▶ **Supplied information**
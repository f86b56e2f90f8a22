-- ===== src/Sql/Tables.antt =====
-- What the statements do to the tables: `INSERT .. ON CONFLICT (key) DO UPDATE SET .. WHERE ..`.
use solana_indexer_plugin.Base.{
  ltb_ℤ, eqb_ℤ, str_eq, Bool, ◌&&◌, ◌||◌, List, [], ◌∷◌, ◌++◌, ◌≡◌, refl, ◌==◌, if◌then◌else◌,
}
use solana_indexer_plugin.Sql.Rows.{
  SlotRow, AccountRow, SplTokenAccountRow, CreatorRow, TokenManagerRow,
}
use solana_indexer_plugin.Sql.Rows.{
  Statement, upsert_slot, upsert_account, upsert_token_account, upsert_creator,
  upsert_token_manager,
}

-- A table holds at most one row that conflicts with a new one: `merge old new` replaces it.
module _ {R : Type 0} (conflicts : R → R → Bool) (merge : R → R → R) where
  unfoldable pub upsert : R → List R → List R
  upsert new [] = new ∷ []
  upsert new (old ∷ rows) =
      if conflicts old new then merge old new ∷ rows else old ∷ upsert new rows

  -- New rows in turn.
  unfoldable pub upsert_all : List R → List R → List R
  unfolding upsert
  upsert_all [] rows = rows
  upsert_all (new ∷ news) rows = upsert_all news (upsert new rows)

-- ON CONFLICT (slot) DO UPDATE SET parent, status, updated_on
abbrev pub slot_conflicts : SlotRow → SlotRow → Bool
slot_conflicts old new = old.slot == new.slot

unfoldable pub merge_slot : SlotRow → SlotRow → SlotRow
merge_slot old new = record old {
  parent = new.parent;
  status = new.status;
  updated_on = new.updated_on;
}

-- ON CONFLICT (pubkey) DO UPDATE SET all other columns, where the new version is later
abbrev pub account_conflicts : AccountRow → AccountRow → Bool
account_conflicts old new = str_eq old.pubkey new.pubkey

-- acct.slot < excluded.slot
-- OR (acct.slot = excluded.slot AND acct.write_version < excluded.write_version)
unfoldable pub account_newer : AccountRow → AccountRow → Bool
account_newer old new =
    ltb_ℤ old.slot new.slot
    || (eqb_ℤ old.slot new.slot && ltb_ℤ old.write_version new.write_version)

unfoldable pub merge_account : AccountRow → AccountRow → AccountRow
merge_account old new =
    if account_newer old new
    then record old {
      slot = new.slot;
      owner = new.owner;
      lamports = new.lamports;
      executable = new.executable;
      rent_epoch = new.rent_epoch;
      contents = new.contents;
      write_version = new.write_version;
      updated_on = new.updated_on;
      txn_signature = new.txn_signature;
    }
    else old

-- ON CONFLICT (pubkey, owner, mint) DO UPDATE SET slot, where the new slot is later
abbrev pub token_account_conflicts : SplTokenAccountRow → SplTokenAccountRow → Bool
token_account_conflicts old new =
    str_eq old.pubkey new.pubkey && (str_eq old.owner new.owner && str_eq old.mint new.mint)

unfoldable pub merge_token_account : SplTokenAccountRow → SplTokenAccountRow → SplTokenAccountRow
merge_token_account old new =
    if ltb_ℤ old.slot new.slot then record old { slot = new.slot } else old

-- ON CONFLICT (mint, creator) DO UPDATE SET slot, verified, where the new slot is later
abbrev pub creator_conflicts : CreatorRow → CreatorRow → Bool
creator_conflicts old new = str_eq old.mint new.mint && str_eq old.creator new.creator

unfoldable pub merge_creator : CreatorRow → CreatorRow → CreatorRow
merge_creator old new =
    if ltb_ℤ old.slot new.slot then record old { slot = new.slot; verified = new.verified } else old

-- ON CONFLICT (id) DO UPDATE SET seven columns, `slot` not among them, where the new slot is later
abbrev pub token_manager_conflicts : TokenManagerRow → TokenManagerRow → Bool
token_manager_conflicts old new = str_eq old.id new.id

unfoldable pub merge_token_manager : TokenManagerRow → TokenManagerRow → TokenManagerRow
merge_token_manager old new =
    if ltb_ℤ old.slot new.slot
    then record old {
      num_invalidators = new.num_invalidators;
      issuer = new.issuer;
      kind = new.kind;
      state = new.state;
      state_changed_at = new.state_changed_at;
      invalidation_type = new.invalidation_type;
      invalidators = new.invalidators;
    }
    else old

pub record Tables : Type 0 where
  pub slots : List SlotRow
  pub accounts : List AccountRow
  pub token_accounts : List SplTokenAccountRow
  pub creators : List CreatorRow
  pub token_managers : List TokenManagerRow

abbrev pub no_rows : Tables
no_rows = record {
  slots = [];
  accounts = [];
  token_accounts = [];
  creators = [];
  token_managers = [];
}

unfoldable pub execute : Statement → Tables → Tables
unfolding upsert
execute (upsert_slot row) t = record t { slots = upsert slot_conflicts merge_slot row t.slots }
execute (upsert_account row) t = record t {
  accounts = upsert account_conflicts merge_account row t.accounts;
}
execute (upsert_token_account row) t = record t {
  token_accounts = upsert token_account_conflicts merge_token_account row t.token_accounts;
}
execute (upsert_creator row) t = record t {
  creators = upsert creator_conflicts merge_creator row t.creators;
}
execute (upsert_token_manager row) t = record t {
  token_managers = upsert token_manager_conflicts merge_token_manager row t.token_managers;
}

-- The statements of a query, in order.
unfoldable pub execute_all : List Statement → Tables → Tables
execute_all [] t = t
execute_all (s ∷ q) t = execute_all q (execute s t)

pub execute_all-append :
    (p q : List Statement) (t : Tables) → execute_all (p ++ q) t ≡ execute_all q (execute_all p t)
unfolding execute_all
execute_all-append [] q t = refl
execute_all-append (s ∷ p) q t = execute_all-append p q (execute s t)
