-- ===== src/Client/Refinement.antt =====
-- Batching at startup refines the execution of the statements one account after the other.
use mathlib.Core.List.{append-nil, append_assoc}
use solana_indexer_plugin.Client.Pending.{client-flush, with_account}
use solana_indexer_plugin.Base.{
  true, String, Option, none, some, List, [], ◌∷◌, ◌++◌, length, bind-eq-some, leb, ◌≡◌, refl, sym,
  ap, ◌∙◌, arith, Bool-cases, Option-cases, ◌⊎◌, inl, inr,
}
use solana_indexer_plugin.Errors.{ok, err, panic}
use solana_indexer_plugin.Account.{DbAccountInfo}
use solana_indexer_plugin.Crates.{Crates}
use solana_indexer_plugin.Config.{AccountsSelectorConfig}
use solana_indexer_plugin.Database.{Database}
use solana_indexer_plugin.Handlers.{AccountHandlerId, AccountHandler}
use solana_indexer_plugin.Sql.{Statement}
use solana_indexer_plugin.Sql.Tables.{Tables, execute_all, execute_all-append}
use solana_indexer_plugin.Client.{
  SimplePostgresClient, Reply, execute_query, flush, update_at_startup, batch_query, account_query,
  schema_error,
}

-- What PostgreSQL documents of a query of several statements in one message: they run in one
-- transaction, so all take effect, in order, or none does. `view` shows the tables of a state.
pub record IsTransactional (D : Database) (view : D.State → Tables) : Type 0 where
  pub executed :
      (q : List Statement) (db : D.State)
      → (D.batch_execute q db).0 ≡ none
      → view (D.batch_execute q db).1 ≡ execute_all q (view db)
  pub rolled_back :
      (q : List Statement) (db : D.State) (e : String)
      → (D.batch_execute q db).0 ≡ some e
      → view (D.batch_execute q db).1 ≡ view db

module _ (X : Crates) (handlers : List (AccountHandlerId × AccountHandler))
    (selector : Option AccountsSelectorConfig) (t : String) where
  -- The statements of all the accounts, in order, with one reading of the clock.
  abbrev pub all_statements : List DbAccountInfo → Option (List Statement)
  all_statements accounts = batch_query X handlers selector (λ _. t) accounts

  pub all_statements-append :
      (xs ys : List DbAccountInfo) (q : List Statement)
      → all_statements (xs ++ ys) ≡ some q
      → (p : List Statement) × (r : List Statement) × (all_statements xs ≡ some p)
        × (all_statements ys ≡ some r)
        × (p ++ r ≡ q)
  unfolding batch_query
  all_statements-append [] ys q h = ([], q, refl, h, refl)
  all_statements-append (x ∷ xs) ys q h =
      let (a, at_x, h') = bind-eq-some (account_query X handlers selector (λ _. t) x true) _ h in
      let (rest, at_rest, whole) =
        bind-eq-some (batch_query X handlers selector (λ _. t) (xs ++ ys)) _ h' in
      let (p, r, at_p, at_r, e) = all_statements-append xs ys rest at_rest in
      (
        a ++ p,
        r,
        rw (batch_query, at_x, at_p) refl,
        at_r,
        append_assoc a p r ∙ (ap (λ s. a ++ s) e ∙ cc),
      )

module _ (X : Crates) (D : Database) (t : String) where
  -- The updates of the startup one after the other, then a flush of what is left, until a call fails.
  unfoldable pub run_startup : List DbAccountInfo → SimplePostgresClient → D.State → Reply X D
  run_startup [] c db =
      flush X D "[notify_end_of_startup][flush_accounst_error] error=[" (λ _. t) c db
  run_startup (a ∷ accounts) c db =
      let (exit, c', db') = update_at_startup X D (λ _. t) a c db in
      let rest = run_startup accounts c' db' in
      elim exit [ ok _ ↦ rest | err e ↦ (err e, c', db') | panic ↦ (panic, c', db') ]

  -- One more update that succeeds leaves the others to do.
  pub run_startup-next :
      (a : DbAccountInfo) (accounts : List DbAccountInfo) (c : SimplePostgresClient) (db : D.State)
      → (update_at_startup X D (λ _. t) a c db).0 ≡ ok tt
      → run_startup (a ∷ accounts) c db
        ≡ run_startup accounts
            (update_at_startup X D (λ _. t) a c db).1
            (update_at_startup X D (λ _. t) a c db).2
  unfolding run_startup
  run_startup-next a accounts c db h = rw (run_startup, h) refl

  pub run_startup-first :
      (a : DbAccountInfo) (accounts : List DbAccountInfo) (c : SimplePostgresClient) (db : D.State)
      → (run_startup (a ∷ accounts) c db).0 ≡ ok tt
      → (update_at_startup X D (λ _. t) a c db).0 ≡ ok tt
  unfolding run_startup
  run_startup-first a accounts c db h = ground arith

  pub update_at_startup-cases :
      (a : DbAccountInfo) (c : SimplePostgresClient) (db : D.State)
      → (update_at_startup X D (λ _. t) a c db
          ≡ flush X D "[update_account_batch] error=[" (λ _. t) (with_account a c) db)
        ⊎ (update_at_startup X D (λ _. t) a c db ≡ (ok tt, with_account a c, db))
  unfolding update_at_startup
  update_at_startup-cases a c db =
      elim (Bool-cases (leb c.batch_size (length (c.pending_account_updates ++ (a ∷ []))))) [
        | inl full ↦ inl (rw (update_at_startup, full) refl)
        | inr below ↦ inr (rw (update_at_startup, below) refl)
      ]

  module _ (view : D.State → Tables) (postgres : IsTransactional D view) where
    flush-refines :
        (prefix : String) (c : SimplePostgresClient) (db : D.State) (q : List Statement)
        → all_statements X c.account_handlers c.account_selector t c.pending_account_updates
          ≡ some q
        → (flush X D prefix (λ _. t) c db).0 ≡ ok tt
        → view (flush X D prefix (λ _. t) c db).2 ≡ execute_all q (view db)
    unfolding flush execute_query
    flush-refines prefix c db q h done = elim (Option-cases (D.batch_execute q db).0) [
      | inl e ↦ rw (flush, h, execute_query, e) (postgres.executed q db e)
      | inr (m, e) ↦
          let failed : (flush X D prefix (λ _. t) c db).0 ≡ err (schema_error prefix m) =
            rw (flush, h, execute_query, e) refl in
          cc
    ]

    startup-refines :
        (accounts : List DbAccountInfo) (c : SimplePostgresClient) (db : D.State)
        (q : List Statement)
        → all_statements X c.account_handlers c.account_selector t
            (c.pending_account_updates ++ accounts)
          ≡ some q
        → (run_startup accounts c db).0 ≡ ok tt
        → view (run_startup accounts c db).2 ≡ execute_all q (view db)
    unfolding run_startup
    startup-refines [] c db q h done =
        flush-refines _ c db q
          (ap (all_statements X c.account_handlers c.account_selector t) (sym (append-nil _)) ∙ h)
          done
    startup-refines (a ∷ accounts) c db q h done =
        let c' = with_account a c in
        let h' =
          ap (all_statements X c.account_handlers c.account_selector t)
            (append_assoc c.pending_account_updates (a ∷ []) accounts)
          ∙ h in
        let (p, r, at_p, at_r, e) =
          all_statements-append X c.account_handlers c.account_selector t
            (c.pending_account_updates ++ (a ∷ [])) accounts q h' in
        let done' = run_startup-first a accounts c db done in
        let next = run_startup-next a accounts c db done' in
        elim (update_at_startup-cases a c db) [
          | inl full ↦
              let f = flush X D "[update_account_batch] error=[" (λ _. t) c' db in
              let drained : SimplePostgresClient = record c' { pending_account_updates = [] } in
              let next' : run_startup (a ∷ accounts) c db ≡ run_startup accounts drained f.2 =
                next
                ∙ (ap (λ u. run_startup accounts u.1 u.2) full
                    ∙ ap (λ d. run_startup accounts d f.2) (client-flush X D _ (λ _. t) c' db)) in
              ap (λ u. view u.2) next'
              ∙ (startup-refines accounts drained f.2 r at_r (sym (ap (λ u. u.0) next') ∙ done)
                  ∙ (ap (execute_all r)
                        (flush-refines _ c' db p at_p (sym (ap (λ u. u.0) full) ∙ done'))
                      ∙ (sym (execute_all-append p r (view db))
                          ∙ ap (λ s. execute_all s (view db)) e)))
          | inr below ↦
              let next' : run_startup (a ∷ accounts) c db ≡ run_startup accounts c' db =
                next ∙ ap (λ u. run_startup accounts u.1 u.2) below in
              ap (λ u. view u.2) next'
              ∙ startup-refines accounts c' db q h' (sym (ap (λ u. u.0) next') ∙ done)
        ]

    -- If PostgreSQL runs a query of several statements as a transaction, a client that holds no
    -- update is given accounts at startup, flushing each time that its batch is full and at the
    -- end, all statements of these accounts are `q` (with one reading of the clock), and no call
    -- fails, then the tables are as if the statements of `q` had been executed one by one.
    pub run_startup-refines :
        (accounts : List DbAccountInfo) (c : SimplePostgresClient) (db : D.State)
        (q : List Statement)
        → c.pending_account_updates ≡ []
        → all_statements X c.account_handlers c.account_selector t accounts ≡ some q
        → (run_startup accounts c db).0 ≡ ok tt
        → view (run_startup accounts c db).2 ≡ execute_all q (view db)
    run_startup-refines accounts c db q empty h done =
        startup-refines accounts c db q
          (ap (λ p. all_statements X c.account_handlers c.account_selector t (p ++ accounts)) empty
            ∙ h)
          done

▶ **Task requirements**
Above this instruction are the records; retype exactly the lines from the one containing "abbrev pub token_account_conflicts" up to and including the one containing "str_eq old.pubkey new.pubkey &&".

▶ **Your solution**
abbrev pub token_account_conflicts : SplTokenAccountRow → SplTokenAccountRow → Bool
token_account_conflicts old new =
    str_eq old.pubkey new.pubkey && (str_eq old.owner new.owner && str_eq old.mint new.mint)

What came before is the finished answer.